BIG emphasis on copying the file. I was trying to move the file from /sdcard to /data and even with r/w file would not move. You *MUST* copy the file and paste into /data

4. Reboot
5. Enjoy.


----------



## rivrstx (Mar 1, 2012)

CygnusisX1 said:


> Posted this in reply to Dakota0206 on XDA to help some people out having troubles with custom carrier text:
> 
> This ABSOLUTELY worked for me. Huge tip for all you others that are still having issues getting the custom carrier text that you want:
> 
> ...


I've been looking for a fix for this. This is the winner! It worked perfectly. Thanks!!


----------



## Birthofahero (Aug 18, 2011)

CygnusisX1 said:


> Posted this in reply to Dakota0206 on XDA to help some people out having troubles with custom carrier text:
> 
> This ABSOLUTELY worked for me. Huge tip for all you others that are still having issues getting the custom carrier text that you want:
> 
> ...


I tried downloading this file but it keeps saying download unsuccessful.

Sent from my Galaxy Nexus using RootzWiki


----------



## 561427 (Jun 28, 2012)

Birthofahero said:


> I tried downloading this file but it keeps saying download unsuccessful.
> 
> Sent from my Galaxy Nexus using RootzWiki


i just DLd fine a few secs ago. try again.


----------



## exzacklyright (Oct 3, 2011)

CygnusisX1 said:


> Posted this in reply to Dakota0206 on XDA to help some people out having troubles with custom carrier text:
> 
> This ABSOLUTELY worked for me. Huge tip for all you others that are still having issues getting the custom carrier text that you want:
> 
> ...


Still Getting T-CDMA 64. How do I fix this?

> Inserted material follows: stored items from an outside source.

-- ===== src/FlowGraph/Published.antt =====
-- flow_graph_compiler.py and graph_compiler.py: the plan has the edges of the graph that was drawn.
pub mod Plans
use agent_orchestration_core.Common.{
  ℕ, zero, suc, String, ◌≡◌, refl, sym, ◌∙◌, ap, Bool, true, false, ◌||◌, ◌&&◌, Option, none, some,
  List, [], ◌∷◌, ◌++◌, Dict, get, put, get-put, has, str_eq, Result, ok, err, ◌>>=◌, arith, eq_iff,
  Bool-cases, inl, inr, Result-cases, ok_inj, err-ne-ok, if◌then◌else◌, Unit, tt,
}
use agent_orchestration_core.Value.{Value, Items, arr}
use agent_orchestration_core.Runtime.Types.{EdgeKind, normal, loop, CompiledEdge}
use agent_orchestration_core.Compiler.{
  as_list, SnapshotEdge, Snapshot, sorted_edges, insert_edge, compile_edge, compile_edges, attach,
  edges_at, to_nodes, successors, kind_of, condition_of, key_le,
}
use agent_orchestration_core.FlowGraph.{FlowGraphEdge, targets_from}
use agent_orchestration_core.FlowGraph.Draft.{Libraries}
use agent_orchestration_core.FlowGraph.Snapshots.{
  dumped, sorted_drawn, insert_drawn, compile_drawn, kind_value,
}

abbrev pub drawn : List FlowGraphEdge → String → String → Bool
drawn es x y = has (targets_from es x) y

insert_drawn-keeps :
    (e : FlowGraphEdge) (es : List FlowGraphEdge) (x y : String)
    → drawn (insert_drawn e es) x y ≡ drawn (e ∷ es) x y
unfolding insert_drawn targets_from has
insert_drawn-keeps e [] x y = refl
insert_drawn-keeps e (f ∷ es) x y = ground (arith, insert_drawn-keeps e es x y)

cons_drawn :
    (e : FlowGraphEdge) (es fs : List FlowGraphEdge) (x y : String)
    → drawn es x y ≡ drawn fs x y
    → drawn (e ∷ es) x y ≡ drawn (e ∷ fs) x y
unfolding targets_from has
cons_drawn e es fs x y h = ground arith

pub sorted_drawn-keeps :
    (es : List FlowGraphEdge) (x y : String) → drawn (sorted_drawn es) x y ≡ drawn es x y
unfolding sorted_drawn
sorted_drawn-keeps [] x y = refl
sorted_drawn-keeps (e ∷ es) x y =
    insert_drawn-keeps e (sorted_drawn es) x y
    ∙ cons_drawn e (sorted_drawn es) es x y (sorted_drawn-keeps es x y)

-- The same for the edges of a snapshot.
pub snapshot_targets : List SnapshotEdge → String → List String
snapshot_targets [] id = []
snapshot_targets (e ∷ es) id =
    let rest = snapshot_targets es id in if str_eq e.from_node id then e.to_node ∷ rest else rest

abbrev pub listed : List SnapshotEdge → String → String → Bool
listed es x y = has (snapshot_targets es x) y

insert_edge-keeps :
    (e : SnapshotEdge) (es : List SnapshotEdge) (x y : String)
    → listed (insert_edge e es) x y ≡ listed (e ∷ es) x y
unfolding insert_edge snapshot_targets has
insert_edge-keeps e [] x y = refl
insert_edge-keeps e (f ∷ es) x y = ground (arith, insert_edge-keeps e es x y)

cons_listed :
    (e : SnapshotEdge) (es fs : List SnapshotEdge) (x y : String)
    → listed es x y ≡ listed fs x y
    → listed (e ∷ es) x y ≡ listed (e ∷ fs) x y
unfolding snapshot_targets has
cons_listed e es fs x y h = ground arith

pub sorted_edges-keeps :
    (es : List SnapshotEdge) (x y : String) → listed (sorted_edges es) x y ≡ listed es x y
unfolding sorted_edges
sorted_edges-keeps [] x y = refl
sorted_edges-keeps (e ∷ es) x y =
    insert_edge-keeps e (sorted_edges es) x y
    ∙ cons_listed e (sorted_edges es) es x y (sorted_edges-keeps es x y)

-- An edge of which a plan can be made.
abbrev IsReady : SnapshotEdge → Type 0
IsReady e =
    (v : Items) × (k : EdgeKind) × (e.compiled_condition ≡ some (arr v))
    × (kind_of e.edge_kind ≡ ok k)

abbrev pub AllReady : List SnapshotEdge → Type 0
AllReady [] = Unit
AllReady (e ∷ es) = IsReady e × AllReady es

-- The compiled condition of every edge is a list.
abbrev pub AllListed : List SnapshotEdge → Type 0
AllListed [] = Unit
AllListed (e ∷ es) = ((v : Items) × (e.compiled_condition ≡ some (arr v))) × AllListed es

abbrev pub AllKinded : List SnapshotEdge → Type 0
AllKinded [] = Unit
AllKinded (e ∷ es) = ((k : EdgeKind) × (kind_of e.edge_kind ≡ ok k)) × AllKinded es

pub AllReady-intro : (es : List SnapshotEdge) → AllListed es → AllKinded es → AllReady es
AllReady-intro [] a b = tt
AllReady-intro (e ∷ es) ((v, c), a) ((k, d), b) = ((v, k, c, d), AllReady-intro es a b)

insert_edge-AllReady :
    (e : SnapshotEdge) (es : List SnapshotEdge)
    → IsReady e
    → AllReady es
    → AllReady (insert_edge e es)
unfolding insert_edge
insert_edge-AllReady e [] r a = (r, tt)
insert_edge-AllReady e (f ∷ es) r a = elim (Bool-cases (key_le e f)) [
  | inl before ↦ rw (before, insert_edge) (r, a)
  | inr behind ↦ rw (behind, insert_edge) (a.0, insert_edge-AllReady e es r a.1)
]

pub sorted_edges-AllReady : (es : List SnapshotEdge) → AllReady es → AllReady (sorted_edges es)
unfolding sorted_edges
sorted_edges-AllReady [] a = tt
sorted_edges-AllReady (e ∷ es) a =
    insert_edge-AllReady e (sorted_edges es) a.0 (sorted_edges-AllReady es a.1)

-- The conditions are compiled one by one, and nothing else changes.
pub record Dumped (es : List FlowGraphEdge) (xs : List SnapshotEdge) : Type 0 where
  pub kinded : AllKinded xs
  pub same : (x y : String) → listed xs x y ≡ drawn es x y

kind_of-kind_value : (k : EdgeKind) → kind_of (some (kind_value k)) ≡ ok k
unfolding kind_of kind_value
kind_of-kind_value normal = refl
kind_of-kind_value loop = refl

dumped_cons :
    (e : FlowGraphEdge) (v : Value) (es : List FlowGraphEdge) (xs : List SnapshotEdge)
    → Dumped es xs
    → Dumped (e ∷ es) (record (dumped e) { compiled_condition = some v } ∷ xs)
unfolding dumped snapshot_targets targets_from has
dumped_cons e v es xs d = record {
  kinded = ((e.edge_kind, kind_of-kind_value e.edge_kind), d.kinded);
  same = λ x y. ground (arith, d.same x y);
}

pub compile_drawn-Dumped :
    (l : Libraries) (es : List FlowGraphEdge) (xs : List SnapshotEdge)
    → compile_drawn l es ≡ ok xs
    → Dumped es xs
unfolding compile_drawn targets_from snapshot_targets
compile_drawn-Dumped l [] xs h =
    rw (← (ok_inj [] xs h)) (record { kinded = tt; same = λ x y. refl })
compile_drawn-Dumped l (e ∷ es) xs h = elim (Result-cases (l.compile_condition e.condition)) [
  | inr (x, bad) ↦ absurd (err-ne-ok x xs (sym (rw (bad, compile_drawn)) ∙ h))
  | inl (v, good) ↦ elim (Result-cases (compile_drawn l es)) [
    | inr (x, bad) ↦ absurd (err-ne-ok x xs (sym (rw (good, bad, compile_drawn)) ∙ h))
    | inl (rest, made) ↦
        rw
          (← (
            ok_inj (record (dumped e) { compiled_condition = some v } ∷ rest) xs
              (sym (rw (good, made, compile_drawn)) ∙ h)))
          (dumped_cons e v es rest (compile_drawn-Dumped l es rest made))
  ]
]

has-to_nodes-snoc :
    (es : List CompiledEdge) (c : CompiledEdge) (y : String)
    → has (to_nodes (es ++ c ∷ [])) y ≡ (has (to_nodes es) y || str_eq c.to_node y)
unfolding to_nodes has
has-to_nodes-snoc [] c y = ground arith
has-to_nodes-snoc (e ∷ es) c y = ground (arith, has-to_nodes-snoc es c y)

edges_or_none : Option (List CompiledEdge) → List CompiledEdge
edges_or_none none = []
edges_or_none (some es) = es

edges_at-put :
    (adjacency : Dict (List CompiledEdge)) (k : String) (es : List CompiledEdge) (x : String)
    → edges_at (put adjacency k es) x ≡ (if str_eq k x then es else edges_at adjacency x)
unfolding edges_at edges_or_none
edges_at-put adjacency k es x = ground (arith, ap edges_or_none (get-put adjacency k es x))

edges_at-attach :
    (adjacency : Dict (List CompiledEdge)) (c : CompiledEdge) (x : String)
    → edges_at (attach adjacency c) x
      ≡ (if str_eq c.from_node x then edges_at adjacency x ++ c ∷ [] else edges_at adjacency x)
unfolding attach
edges_at-attach adjacency c x =
    let put_lem = edges_at-put adjacency c.from_node (edges_at adjacency c.from_node ++ c ∷ []) x in
    ground (arith, put_lem, eq_iff c.from_node x)

attach-edge :
    (adjacency : Dict (List CompiledEdge)) (c : CompiledEdge) (x y : String)
    → has (successors (attach adjacency c) x) y
      ≡ (has (successors adjacency x) y || (str_eq c.from_node x && str_eq c.to_node y))
unfolding successors
attach-edge adjacency c x y =
    ground (arith, edges_at-attach adjacency c x, has-to_nodes-snoc (edges_at adjacency x) c y)

-- Edges that are ready are compiled, each to one edge of the plan.
pub compile_edges-keeps :
    (order : ℕ) (es : List SnapshotEdge) (adjacency : Dict (List CompiledEdge))
    → AllReady es
    → (made : Dict (List CompiledEdge)) × (compile_edges order es adjacency ≡ ok made)
      × ((x y : String)
          → has (successors made x) y ≡ (has (successors adjacency x) y || listed es x y))
unfolding compile_edges compile_edge condition_of as_list snapshot_targets has
compile_edges-keeps order [] adjacency a = (adjacency, refl, λ x y. ground arith)
compile_edges-keeps order (e ∷ es) adjacency ((v, k, c, d), a) =
    let ce : CompiledEdge = record {
      from_node = e.from_node;
      to_node = e.to_node;
      edge_kind = k;
      compiled_condition = arr v;
      order = order;
    } in
    let (made, h, same) = compile_edges-keeps (suc order) es (attach adjacency ce) a in
    (
      made,
      rw (c, d, compile_edges) h,
      λ x y. ground (arith, same x y, attach-edge adjacency ce x y),
    )
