-- ===== src/FlowGraph/Published/Plans.antt =====
-- flow_graph_validator.py and graph_compiler.py: what a validated graph can fail of when it is
-- compiled to a plan.
use agent_orchestration_core.Common.{
  String, ◌≡◌, ◌≢◌, refl, sym, ◌∙◌, ap, ◌⊎◌, inl, inr, Bool, true, false, some, List, [], ◌∷◌, Dict,
  has, str_eq, domain, Exn, ok, err, >>=-eq-ok, ok_inj, err-ne-ok, arith, eq_iff, Unit, tt,
  false≢true,
}
use agent_orchestration_core.Runtime.Types.{CompiledEdge, ExecutionPlan}
use agent_orchestration_core.Graph.Reach.{Has, Reaches, here, there}
use agent_orchestration_core.Graph.Cover.{Connects}
use agent_orchestration_core.Compiler.{
  Snapshot, SnapshotEdge, edges_at, to_nodes, compile, compile_edges, sorted_edges, start_in,
  node_ids, check, successors,
}
use agent_orchestration_core.Compiler.Checks.{IsConnected}
use agent_orchestration_core.Compiler.Plans.{
  IsWellFormed, Verdict, compiles, malformed, unconnected, cyclic, Malformed, no_start, no_edges,
  no_terminals, bad_edge, compile-Verdict,
}
use agent_orchestration_core.FlowGraph.{
  FlowGraphEdge, FlowGraphDefinition, targets_from, each_of, not_deprecated, edge_known,
  validate_searches, validate,
}
use agent_orchestration_core.FlowGraph.Draft.{Libraries}
use agent_orchestration_core.FlowGraph.Snapshots.{snapshot_of, compile_drawn, sorted_drawn}
use agent_orchestration_core.FlowGraph.Searches.{
  IsSearchable, SearchVerdict, accepted, unreachable, endless, validate_searches_verdict,
}
use agent_orchestration_core.FlowGraph.Published.{
  drawn, listed, AllReady, AllListed, AllReady-intro, compile_drawn-Dumped, sorted_drawn-keeps,
  sorted_edges-keeps, sorted_edges-AllReady, compile_edges-keeps, snapshot_targets,
}

Reaches-map :
    {f g : String → List String} (x y : String)
    → ((a b : String) → Has (f a) b → Has (g a) b)
    → Reaches f x y
    → Reaches g x y
Reaches-map x y h (here z) = here z
Reaches-map x y h (there a m z e r) = there a m z (h a m e) (Reaches-map m z h r)

check-eq-ok : (b : Bool) (message : String) (u : Unit {0}) → check b message ≡ ok u → b ≡ true
check-eq-ok b message u h = ground arith

searchable : (d : FlowGraphDefinition) → validate_searches d ≡ ok tt → IsSearchable d
searchable d h = settle (validate_searches_verdict d)
  where
    settle : SearchVerdict d (validate_searches d) → IsSearchable d
    settle (accepted e s) = s
    settle (unreachable e s) = absurd (err-ne-ok _ tt (sym e ∙ h))
    settle (endless e s) = absurd (err-ne-ok _ tt (sym e ∙ h))

-- What the static validation has checked.
record Validated (d : FlowGraphDefinition) : Type 0 where
  start_known : Has (node_ids d.nodes) d.start_node
  searches : IsSearchable d

validate-Validated : (d : FlowGraphDefinition) → validate d ≡ ok tt → Validated d
unfolding validate
validate-Validated d h =
    let (u1, e1, h1) = >>=-eq-ok (each_of not_deprecated d.nodes) _ h in
    let (u2, e2, h2) =
      >>=-eq-ok (check (has (node_ids d.nodes) d.start_node) "start_node_not_found") _ h1 in
    let (u3, e3, h3) = >>=-eq-ok (each_of (edge_known (node_ids d.nodes)) d.edges) _ h2 in
    let (u4, e4, h4) = >>=-eq-ok (validate_searches d) _ h3 in
    record { start_known = check-eq-ok _ "start_node_not_found" u2 e2; searches = searchable d e4 }

-- The graph that was drawn and the edges of the plan lead from a node to the same nodes.
module _ (l : Libraries) (d : FlowGraphDefinition) (xs : List SnapshotEdge)
    (made : compile_drawn l (sorted_drawn d.edges) ≡ ok xs) (lists : AllListed xs) where
  all_ready : AllReady (sorted_edges xs)
  all_ready =
      sorted_edges-AllReady xs
        (AllReady-intro xs lists (compile_drawn-Dumped l (sorted_drawn d.edges) xs made).kinded)

  listed-drawn : (x y : String) → listed (sorted_edges xs) x y ≡ drawn d.edges x y
  listed-drawn x y =
      sorted_edges-keeps xs x y
      ∙ ((compile_drawn-Dumped l (sorted_drawn d.edges) xs made).same x y
          ∙ sorted_drawn-keeps d.edges x y)

  edges_compile :
      (adjacency : Dict (List CompiledEdge)) × (compile_edges 0 (sorted_edges xs) [] ≡ ok adjacency)
      × ((x y : String) → has (successors adjacency x) y ≡ drawn d.edges x y)
  unfolding successors edges_at has to_nodes
  edges_compile =
      let (adjacency, e, same) = compile_edges-keeps 0 (sorted_edges xs) [] all_ready in
      (adjacency, e, λ x y. same x y ∙ listed-drawn x y)

  plan-IsConnected :
      (adjacency : Dict (List CompiledEdge))
      → compile_edges 0 (sorted_edges xs) [] ≡ ok adjacency
      → Connects (targets_from d.edges) d.start_node (node_ids d.nodes)
      → IsConnected d.start_node adjacency (node_ids d.nodes)
  plan-IsConnected adjacency e c x =
      let (other, k, same) = edges_compile in
      let equal : other ≡ adjacency = ok_inj other adjacency (sym k ∙ e) in
      (
        λ h. rw (← equal) (Reaches-map d.start_node x (λ a b m. same a b ∙ m) ((c x).0 h)),
        λ r. (c x).1 (Reaches-map d.start_node x (λ a b m. sym (same a b) ∙ m) (rw equal r)),
      )

first_drawn :
    (e : FlowGraphEdge) (es : List FlowGraphEdge) → drawn (e ∷ es) e.from_node e.to_node ≡ true
unfolding targets_from has
first_drawn e es = ground (arith, eq_iff e.from_node e.from_node, eq_iff e.to_node e.to_node)

some_edges :
    (l : Libraries) (d : FlowGraphDefinition) (es : List FlowGraphEdge)
    → d.edges ≡ es
    → es ≢ []
    → ¬ (compile_drawn l (sorted_drawn d.edges) ≡ ok [])
unfolding snapshot_targets has sorted_edges
some_edges l d [] k full h = full refl
some_edges l d (e ∷ es) k full h =
    absurd (false≢true (listed-drawn l d [] h tt e.from_node e.to_node ∙ rw k (first_drawn e es)))

abbrev drawn_snapshot : FlowGraphDefinition → List SnapshotEdge → Snapshot
drawn_snapshot d xs = record { start_node = some d.start_node; nodes = d.nodes; edges = xs }

module _ (l : Libraries) (d : FlowGraphDefinition) (xs : List SnapshotEdge)
    (made : compile_drawn l (sorted_drawn d.edges) ≡ ok xs) (lists : AllListed xs) (v : Validated d)
    (full : d.edges ≢ []) (named : str_eq d.start_node "" ≡ false) where
  start_found : start_in (some d.start_node) d.nodes ≡ ok d.start_node
  unfolding start_in
  start_found = rw (named, v.start_known)

  well_made : (x : Exn) → ¬ (Malformed (drawn_snapshot d xs) x)
  well_made x (no_start e h) = absurd (err-ne-ok e d.start_node (sym h ∙ start_found))
  well_made x (no_edges h) = absurd (some_edges l d d.edges refl full (made ∙ ap ok h))
  well_made x (no_terminals h) = absurd (v.searches.1 h)
  well_made x (bad_edge e h) =
      let (adjacency, k, same) = edges_compile l d xs made lists in
      absurd (err-ne-ok e adjacency (sym h ∙ k))

  well-IsConnected :
      (start : String) (adjacency : Dict (List CompiledEdge))
      → start_in (some d.start_node) d.nodes ≡ ok start
      → compile_edges 0 (sorted_edges xs) [] ≡ ok adjacency
      → IsConnected start adjacency (node_ids d.nodes)
  well-IsConnected start adjacency begins a =
      rw (← (ok_inj d.start_node start (sym start_found ∙ begins)))
        (plan-IsConnected l d xs made lists adjacency a v.searches.0)

  drawn_compiles :
      Verdict (drawn_snapshot d xs) (compile (drawn_snapshot d xs))
      → ((plan : ExecutionPlan) × (compile (drawn_snapshot d xs) ≡ ok plan) × IsWellFormed plan)
        ⊎ (compile (drawn_snapshot d xs) ≡ err (domain "cycle_not_marked_loop"))
  drawn_compiles (compiles plan e w) = inl (plan, e, w)
  drawn_compiles (cyclic adjacency e a c) = inr e
  drawn_compiles (unconnected start adjacency e begins a broken) =
      absurd (broken (well-IsConnected start adjacency begins a))
  drawn_compiles (malformed x e m) = absurd (well_made x m)

-- A graph that the static validation accepts, with edges and with a start node that is not the empty
-- text, compiles to a well-formed plan once FlowGraphCompiler has compiled each of its conditions to
-- a list, unless the search for cycles refuses it.
pub validated-compiles :
    (l : Libraries) (d : FlowGraphDefinition) (snapshot : Snapshot)
    → validate d ≡ ok tt
    → d.edges ≢ []
    → str_eq d.start_node "" ≡ false
    → snapshot_of l d ≡ ok snapshot
    → AllListed snapshot.edges
    → ((plan : ExecutionPlan) × (compile snapshot ≡ ok plan) × IsWellFormed plan)
      ⊎ (compile snapshot ≡ err (domain "cycle_not_marked_loop"))
unfolding snapshot_of
validated-compiles l d snapshot valid full named h all =
    let (xs, made, k) = >>=-eq-ok (compile_drawn l (sorted_drawn d.edges)) _ h in
    let same = ok_inj (drawn_snapshot d xs) snapshot k in
    let lists : AllListed xs = rw (ap (λ (x : Snapshot). x.edges) same) all in
    rw (← same) (
      drawn_compiles l d xs made lists (validate-Validated d valid) full named
        (compile-Verdict (drawn_snapshot d xs)))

This is what the file looks like in my sdcard and /data

http://dl.dropbox.com/u/19263946/eri.xml


----------



## CygnusisX1 (May 19, 2012)

rivrstx said:


> I tried downloading this file but it keeps saying download unsuccessful.
> 
> Sent from my Galaxy Nexus using RootzWiki


Were you able to download it? If not PM me and I'll upload a copy for you.


----------



## CygnusisX1 (May 19, 2012)

exzacklyright said:


> Still Getting T-CDMA 64. How do I fix this? This is what the file looks like in my sdcard and /data
> 
> http://dl.dropbox.co...9263946/eri.xml


The line of code looks like you did everything okay. Are you using Root Explorer to perform this? and if so make sure to double check the basics in my OP to mount as R/W and COPY files from /sdcard to /data (not /sdcard/data)

let me know if this worked or not.

May post a video if anyone else is having problems performing this mod.


----------



## exzacklyright (Oct 3, 2011)

CygnusisX1 said:


> The line of code looks like you did everything okay. Are you using Root Explorer to perform this? and if so make sure to double check the basics in my OP to mount as R/W and COPY files from /sdcard to /data (not /sdcard/data)
> 
> let me know if this worked or not.
> 
> May post a video if anyone else is having problems performing this mod.


I did COPY the files. But I'm using ES File Explorer. I have "mount file system" checked too.


----------



## CygnusisX1 (May 19, 2012)

exzacklyright said:


> I did COPY the files. But I'm using ES File Explorer. I have "mount file system" checked too.


I have tried these steps using ES File Explorer before and it didn't work. I have since deleted and stopped using ES. I would download Root Explorer and make that your default file manager.

**Also for everyone if you are *clean *flashing other or different version ROMs you *WILL *have to repeat these step. If you are prompted to overwrite the file, select 'Yes'
This is only for clean flashes - dirty flashing new versions should keep your custom text.


----------



## DevsAdvocate (Jul 20, 2012)

Is it possible for this to affect the stock News and Weather App? The app is having trouble connecting to the network. Doing the 'name change' was the only thing I did and this seems to be the only thing that is different.


----------



## DXjunkie (Jun 19, 2011)

I will take this a step farther  ... before you copy this eri.xml file to your storage; open up the eri with notepad. Next click on "edit", in the dropdown select "replace". in the popup window type in the "find what" version wireless. In the replace with window type, "________" (whatever you want it to say). Then click on "replace all". Save, and now save to your storage, copy it with a rooted file explorer type APK to your internal storage in the "data" file. Your new eri.xml file will replace the existing file (or "yes" replace existing file). Exit file explorer, and reboot.... wait.... wait... don't touch it... wait. Let it finish booting and finding the network, and.... Yeah baby! No more "verison blah-blah" but what you want it to say on the lockscreen, pulldown, etc.


----------



## ThePanduuh (Dec 1, 2013)

Mine goes to custom text for a second then goes back to Verizon Wireless? Any idea why?


----------